如何使用Python和MongoDB从随机URL中读取数据?

时间:2015-05-01 03:12:09

标签: python mongodb

目前我正在使用Python 3.4.3和MongoDB作为技术进行POC。

我需要在 www.socialmention.com 网站中搜索任何字符串,如“财务”或“Apple季度结果”等。结果将是多个URL,它将是随机的。现在我需要解析每个链接并阅读文章,评论,喜欢,用户详细信息等。

直到现在我成功地从社交网站捕获了随机链接URL,然后我的想法是在mongodb中创建一个博客字典并维护如下信息:

> db.blogs_dictionary.find().pretty()
{
    "_id" : ObjectId("55401455a1ce265d58f21049"),
    "blog_name" : "www.networkcomputing.com",
    "article" : "yes",
    "article_tag" : "div",
    "article_tag_type" : "id",
    "article_string" : "article-main",
    "article_multipage" : "yes",
    "article_multipage_tag" : "span",
    "article_multipage_tag_type" : "class",
    "article_multipage_tag_string" : "blue strong allcaps",
    "article_multipage_query_variable" : "page_number",
    "comments" : "yes",
    "comments_multipage" : "no",
    "comments_multipage_tag" : "",
    "comments_multipage_tag_type" : "",
    "comments_multipage_tag_string" : "",
    "comments_threaded" : "yes",
    "comments_threaded_query_variable" : "piddl_msgorder",
    "comments_threaded_query_value" : "thrd#msgs",
    "comments_main" : "yes",
    "comments_main_tag" : "div",
    "comments_main_tag_type" : "class",
    "comments_main_tag_string" : "comments-main",
    "user_name" : "yes",
    "user_name_tag" : "span",
    "user_name_tag_type" : "class",
    "user_name_tag_string" : "smaller strong black",
    "user_rank" : "yes",
    "user_rank_tag" : "span",
    "user_rank_tag_type" : "class",
    "user_rank_tag_string" : "smaller black",
    "comments_body" : "yes",
    "comments_body_tag" : "div",
    "comments_body_tag_type" : "class",
    "comments_body_tag_string" : "comment-body"
}

然后在python代码中使用一些东西,比如...如果来自socialmention网站的链接在我的博客dictonary ...那么检查文章和评论是否存在..如果存在然后通过URL打开URL并阅读所需内容....但为了实现这一切,我需要动态传递标签和搜索字符串

for i in db.social_mention.find({},{"blog_name":1,"_id":0}):
   for j in db.blogs_dictionary.find({},{"blog_name":1,"_id":0}):
      if i['blog_name']==j['blog_name']:
         link=db.social_mention.find_one({"blog_name":i['blog_name']},{"link":1,"_id":0})
         url=link['link']
         print (url)
         if (db.blogs_dictionary.find({"blog_name":j['blog_name']},{"article":1,"_id":0})) == "yes":
            article_variables=db.blogs_dictionary.find({"blog_name":j['blog_name']},{"article":1,"article_tag":1,"article_tag_type":1,"article_string":1,"article_multi":1,"article_multipage_tag":1,"article_multipage_tag_type":1,"article_multipage_tag_string":1,"article_multipage_query_variable":1,"_id":0}).pretty()
            soup = BeautifulSoup(urllib.request.urlopen(url))
            data=soup.find(article_variables['article_tag'],article_variables['article_tag_type']=article_variables['article_string'])
            print (data.text)

但我得到的错误就像关键字不能是表达式。
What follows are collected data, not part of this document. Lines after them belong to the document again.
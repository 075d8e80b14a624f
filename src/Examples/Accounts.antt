-- ===== src/Examples/Accounts.antt =====
-- Accounts, codes and links.
use gp_connect_server.Common.{◌≡◌, refl, some, none, true, false, [], ◌∷◌, String, arith, ℕ, ◌≢◌}
use gp_connect_server.Schema.{User, VerificationToken, VerificationTokenType}
use gp_connect_server.Prisma.{World, Effect}
use gp_connect_server.Prisma.InMemory.{in_memory}
use gp_connect_server.Handler.{Exception, Reason, ok, err, is_ok}
use gp_connect_server.Proofs.{Otp}
use gp_connect_server.Verification.{
  get_otp_payload, verify_otp_token, load_otp_token, verify_email_token, load_link, use_link,
  confirm_email, send_email_verification, send_link, token_of,
}
use gp_connect_server.Verification.Otp.{IsProved, verify_otp_token-spends}
use gp_connect_server.Verification.Email.{IsVerified}
use gp_connect_server.Verification.Links.{verify_email_token-again, send_email_verification-verify}
use gp_connect_server.Users.{
  UpdateUserDto, LinkDraw, update_by_id, prepare_contact_changes, pending_change, find_by_email,
  store_changes, confirm_change,
}
use gp_connect_server.Users.Channels.{
  KeepsChannels, Unclaimed, update_by_id-KeepsChannels, update_by_id-stale_code,
}
use gp_connect_server.Examples.Data.{shipper, carrier, negotiation, plain_bcrypt}
use text.Mathlib.Text.{◌==◌ as str_eq}

-- A code by SMS for the shipper, and a hash that hides nothing.
abbrev pub sms_code : Otp
sms_code = record { plain = "12"; hash = "12"; expires_at = 900 }

abbrev pub sms_token : VerificationToken
sms_token = record {
  id = 61;
  user_id = 1;
  type = VerificationTokenType.phone;
  token_hash = "12";
  identifier = some "+331";
  expires_at = 900;
  used_at = none;
}

abbrev coded : World in_memory
coded = record negotiation { tokens = sms_token ∷ [] }

otp-runs : (verify_otp_token plain_bcrypt 100 1 "12" VerificationTokenType.phone coded).0 ≡ ok true
unfolding verify_otp_token load_otp_token
otp-runs = refl

verify_otp_token-spends_example :
    let w' = (verify_otp_token plain_bcrypt 100 1 "12" VerificationTokenType.phone coded).1 in
    IsProved in_memory plain_bcrypt 100 1 "12" VerificationTokenType.phone coded
    × (w' ≡ record coded {
      tokens =
          in_memory.verification_token.delete_many
            (token_of 1 VerificationTokenType.phone)
            coded.tokens;
    })
    × ((now' : ℕ) (code' : String)
        → verify_otp_token plain_bcrypt now' 1 code' VerificationTokenType.phone w'
          ≡ (err (Exception.unauthorized Reason.token_expired), w'))
verify_otp_token-spends_example =
    verify_otp_token-spends plain_bcrypt 100 1 "12" VerificationTokenType.phone coded otp-runs

-- The shipper wants to change to the address `n@x`; the digest hides nothing.
abbrev mover : User
mover = record shipper { pending_email = some "n@x" }

abbrev moving_in : World in_memory
moving_in = record negotiation { users = mover ∷ carrier ∷ [] }

abbrev plain_digest : String → String
plain_digest s = s

link-sent : (send_email_verification plain_digest "tok" 62 100 1 moving_in).0 ≡ ok tt
unfolding send_email_verification send_link
link-sent = refl

send_email_verification-verify_example :
    let w' = (send_email_verification plain_digest "tok" 62 100 1 moving_in).1 in
    let q = verify_email_token plain_digest 200 "tok" w' in
    ((p : String)
      → mover.pending_email ≡ some p
      → w'.effects ≡ Effect.email_verification_mail p "tok" ∷ moving_in.effects)
    × (mover.pending_email ≡ none
        → w'.effects ≡ Effect.email_verification_mail mover.email "tok" ∷ moving_in.effects)
    × (q.0 ≡ ok true)
    × IsVerified 200 mover (in_memory.user.find_unique 1 q.1.users)
send_email_verification-verify_example =
    send_email_verification-verify plain_digest "tok" 62 100 1 moving_in mover 200 refl refl refl
      (λ b f. absurd (ground arith)) refl (omega arith) link-sent

abbrev link : VerificationToken
link = record {
  id = 62;
  user_id = 1;
  type = VerificationTokenType.email;
  token_hash = "tok";
  identifier = some "n@x";
  expires_at = 900;
  used_at = none;
}

abbrev linked : World in_memory
linked = record moving_in { tokens = link ∷ [] }

link-runs : (verify_email_token plain_digest 200 "tok" linked).0 ≡ ok true
unfolding verify_email_token load_link use_link confirm_email
link-runs = refl

verify_email_token-again_example :
    let w' = (verify_email_token plain_digest 200 "tok" linked).1 in
    verify_email_token plain_digest 201 "tok" w'
    ≡ (err (Exception.bad_request Reason.invalid_token), w')
verify_email_token-again_example =
    verify_email_token-again plain_digest 200 "tok" linked link mover 201
      (λ a b fa fb wa wb. ground arith) refl refl refl link-runs

-- The shipper changes the phone number and the address.
abbrev new_contacts : UpdateUserDto
new_contacts = record {
  email = some "n@x";
  phone = some "+332";
  password = none;
  first_name = none;
  last_name = none;
  role = none;
  email_verified_at = none;
  phone_verified_at = none;
  id_card_verified_at = none;
}

abbrev pub draw : LinkDraw
draw = record { token = "tok"; new_id = 62; now = 100 }

abbrev changed : User
changed = record shipper {
  phone = some "+332";
  phone_verified_at = none;
  pending_email = some "n@x";
}

update-runs :
    (update_by_id str_eq plain_digest plain_digest draw 1 new_contacts negotiation).0 ≡ ok changed
unfolding update_by_id prepare_contact_changes pending_change find_by_email store_changes
    confirm_change
update-runs = refl

update_by_id-KeepsChannels_example :
    let w' = (update_by_id str_eq plain_digest plain_digest draw 1 new_contacts negotiation).1 in
    ((u u' : User) × (in_memory.user.find_unique 1 negotiation.users ≡ some u)
      × (in_memory.user.find_unique 1 w'.users ≡ some u')
      × KeepsChannels new_contacts u u')
    × ((e : String)
        → new_contacts.email ≡ some e
        → ((u : User) → in_memory.user.find_unique 1 negotiation.users ≡ some u → u.email ≢ e)
        → Unclaimed in_memory str_eq 1 e negotiation)
    × ((j : ℕ)
        → j ≢ 1
        → in_memory.user.find_unique j w'.users ≡ in_memory.user.find_unique j negotiation.users)
update_by_id-KeepsChannels_example =
    update_by_id-KeepsChannels str_eq plain_digest plain_digest draw 1 new_contacts negotiation
      update-runs

code-sent : (get_otp_payload sms_code 61 1 VerificationTokenType.phone negotiation).0 ≡ ok shipper
unfolding get_otp_payload
code-sent = refl

changed-runs :
    (update_by_id str_eq plain_digest plain_digest draw 1 new_contacts
      (get_otp_payload sms_code 61 1 VerificationTokenType.phone negotiation).1).0
    ≡ ok changed
unfolding update_by_id prepare_contact_changes pending_change find_by_email store_changes
    confirm_change get_otp_payload
changed-runs = refl

update_by_id-stale_code_example :
    let w1 = (get_otp_payload sms_code 61 1 VerificationTokenType.phone negotiation).1 in
    let w2 = (update_by_id str_eq plain_digest plain_digest draw 1 new_contacts w1).1 in
    is_ok (verify_otp_token plain_bcrypt 100 1 "12" VerificationTokenType.phone w2).0 ≡ false
update_by_id-stale_code_example =
    update_by_id-stale_code sms_code 61 1 negotiation shipper "+331" "+332" str_eq plain_digest
      plain_digest draw new_contacts plain_bcrypt 100 "12" code-sent refl refl refl refl
      changed-runs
还有其他方法可以做到这一点,还是应该改变我的设计?

1 个答案:

答案 0 :(得分:0)

我认为您想使用属性字典attrs来呼叫find()

data = soup.find(article_variables['article_tag'],
                 attrs={article_variables['article_tag_type']: article_variables['article_string']})

原因:您无法使用字符串为标识符传递关键字参数,即在

article_variables['article_tag_type']=article_variables['article_string']

article_variables['article_tag_type']不是关键字参数的有效标识符。一般的解决方法是使用字典并将其解压缩如下:

kwargs = {article_variables['article_tag_type']: article_variables['article_string']}
data=soup.find(article_variables['article_tag'], **kwargs)

但是,由于find()接受attrs字典,您可以直接传递它。